Screen partnerships, like with Murphy in “Life” and especially Will Smith in the “Bad Boys” films, proved crucial to his creative growth. “It’s fun to be the funny man,” he says, “but when it’s time to be the straight man, be the straight man. And with partners like Eddie Murphy and Will Smith that are great at what they do, it just makes for great chemistry.” He remembers thinking “Bad Boys” was a dream project “because it was able to be able to show a real side of me, other things that I could do — not just comedy but some drama, some whooping some ass!”

“It was a fun team, the three of us,” filmmaker Michael Bay recalls of making the first “Bad Boys” film, recalling the studio’s little faith in him as a first-time director, and not much more support for Lawrence and Smith as leading men. “I have really fond memories of that movie because they treated the three of us so bad. It’s literally the greatest training ground, when no one believes in what you’re doing and they say it’s not going to work.”

“Martin’s a comic genius,” Bay continues, recalling how he would “wind up” the comedian in between scenes to heighten Lawrence’s hysterical responses by instructing Smith to call Lawrence a “bitch” in a scene when it clearly rankled him. “Comedians, they never want to lose. They always have to come back with the best lines. And you can see him coming up with a joke live on camera that brings the house down. He goes, ‘I’ll drive off this fucking cliff. It will be two bitches in the sea.’”
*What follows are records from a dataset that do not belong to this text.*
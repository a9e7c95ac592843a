-- ===== src/Flink/Tests/Streams.antt =====
-- The keyed operators on concrete streams.
use radiation_tracking.Prelude.{
  String, ◌≡◌, refl, none, List, [], ◌∷◌, take, filter, All, Sublistᴰ, arith, true,
}
use radiation_tracking.Prelude.Int.{ℤ, pos}
use radiation_tracking.Python.{
  ok, traverse, Value, null, bool, num, str, Fields, field, end, get, put, index, to_float,
  or_raise,
}
use radiation_tracking.Python.Text.{strip, search_fraction}
use radiation_tracking.Flink.Timestamps.{parse_timestamp, to_epoch_millis, pad_fraction}
use radiation_tracking.Flink.Series.{push, stored}
use radiation_tracking.Flink.Tests.Samples.{
  clock, read_integers, series_json, series_json-RoundTrip,
}
use radiation_tracking.Flink.Dedup
use radiation_tracking.Flink.Dedup.{element, expire}
use radiation_tracking.Flink.Dedup.Lifetime.{readings, has_key, run-readings}
use radiation_tracking.Flink.Cooldown
use radiation_tracking.Flink.Cooldown.{alert_window_end_millis}
use radiation_tracking.Flink.Cooldown.Spacing.{Spaced, covered, run-Spaced}
use radiation_tracking.Flink.Trend
use radiation_tracking.Flink.Trend.History.{alerts, run-alerts}
use radiation_tracking.Flink.RollingStats
use radiation_tracking.Flink.RollingStats.{enrich_blob, rolling_average, zscore, flag_anomaly}
use radiation_tracking.Flink.RollingStats.History.{scored, run-scored}

abbrev text : Value ℤ → String
text (str s) = s
text _ = "None"

abbrev hashed_reading : String → Fields ℤ
hashed_reading md5sum = field "md5sum" (str md5sum) end

run-readings_example :
    filter (has_key text "a") (
      Dedup.run text [] (
        element (hashed_reading "a")
        ∷ expire "b"
        ∷ element (hashed_reading "b")
        ∷ element (hashed_reading "a")
        ∷ []))
    ≡ take 1 (
        readings text "a" (
          element (hashed_reading "a")
          ∷ expire "b"
          ∷ element (hashed_reading "b")
          ∷ element (hashed_reading "a")
          ∷ []))
run-readings_example =
    run-readings text "a"
      (element (hashed_reading "a")
        ∷ expire "b"
        ∷ element (hashed_reading "b")
        ∷ element (hashed_reading "a")
        ∷ [])
      refl

abbrev candidate : String → Fields ℤ
candidate window_end = field "window_end" (str window_end) end

abbrev candidates : List (Fields ℤ)
candidates = candidate "T00" ∷ candidate "T05" ∷ candidate "T10" ∷ []

dated :
    traverse (alert_window_end_millis clock) candidates ≡ ok (pos 0 ∷ pos 300000 ∷ pos 600000 ∷ [])
unfolding traverse alert_window_end_millis index parse_timestamp to_epoch_millis pad_fraction
    search_fraction strip or_raise
dated = refl

run-Spaced_example :
    (emitted : List (Fields ℤ)) × (emitted_ends : List ℤ) × (Cooldown.run clock 600 none candidates
      ≡ ok emitted)
    × Sublistᴰ emitted candidates
    × (traverse (alert_window_end_millis clock) emitted ≡ ok emitted_ends)
    × Spaced 600 emitted_ends
    × All (λ e. covered 600 emitted_ends e ≡ true) (pos 0 ∷ pos 300000 ∷ pos 600000 ∷ [])
run-Spaced_example =
    run-Spaced clock 600 candidates (pos 0 ∷ pos 300000 ∷ pos 600000 ∷ []) dated (omega arith)

abbrev blob : ℤ → Fields ℤ
blob cpm_avg = field "geohash" (str "ud9wr") (field "cpm_avg" (num cpm_avg) end)

abbrev blobs : List (Fields ℤ)
blobs =
    blob (pos 10) ∷ blob (pos 14) ∷ field "cpm_avg" null end ∷ blob (pos 20) ∷ blob (pos 21) ∷ []

run-alerts_example : Trend.run 3 (pos 5) none blobs ≡ alerts 3 (pos 5) [] blobs
run-alerts_example = run-alerts 3 (pos 5) series_json-RoundTrip blobs (omega arith)

climb :
    Trend.run 3 (pos 5) none blobs
    ≡ ok
        (Trend.build_trend_alert (str "ud9wr") (pos 10 ∷ pos 14 ∷ pos 20 ∷ []) (blob (pos 20)) ∷ [])
unfolding Trend.run Trend.process_element Trend.detect Trend.is_rising get index to_float stored
    push
climb = refl

run-scored_example : RollingStats.run 2 (pos 3) none blobs ≡ scored 2 (pos 3) [] blobs
run-scored_example = run-scored 2 (pos 3) series_json-RoundTrip blobs (omega arith)

abbrev spike : Fields ℤ
spike = field "geohash" (str "ud9wr") (
    field "cpm_avg" (num (pos 20)) (
      field "rolling_cpm_avg" (num (pos 14))
        (field "cpm_zscore" (num (pos 4)) (field "anomaly" (bool true) end))))

enriched : enrich_blob (blob (pos 20)) (pos 10 ∷ pos 14 ∷ []) (pos 3) ≡ ok spike
unfolding enrich_blob get to_float put rolling_average zscore flag_anomaly
enriched = refl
Amid his meteoric successes, Lawrence would also stumble occasionally, generating distressing headlines that reported health crises and erratic behavior. “I got through it through faith, through family and close friends that loved and cared about me and that took me up under their wing and supported me… and told me this was right and this was wrong,” says Lawrence, who also credits his devoted audience for reigniting his creative drive. “I probably was depressed and lost energy for what I was doing, but I got that back. My fans helped me get that back.”

Following the worldwide box office haul of $424.6 million for “Bad Boys for Life” and a fourth film in the works, Lawrence is contemplating a full-circle return to the stand-up stage. “I believe God will let me know when that time is right, when He is ready for me to get back out there and speak my piece,” he says. “I just want it to be fun and insightful and people to laugh and take their minds away from crazy stuff.”

Lawrence says that’s a course he means to follow in all facets of his career going forward. “The challenges will be what they will, but I’m up for them,” he says. “This chapter of my life is just about putting out good work and doing good things and being a light and a vessel for people.” Currently, the only detour he’ll take from “Bad Boys 4” is to hit Hollywood Boulevard for that star — but it will be a short one.

“It’s about focus and being ready, and staying ready,” he says. “We’ll celebrate for a minute — but then it’s time to get back to work.”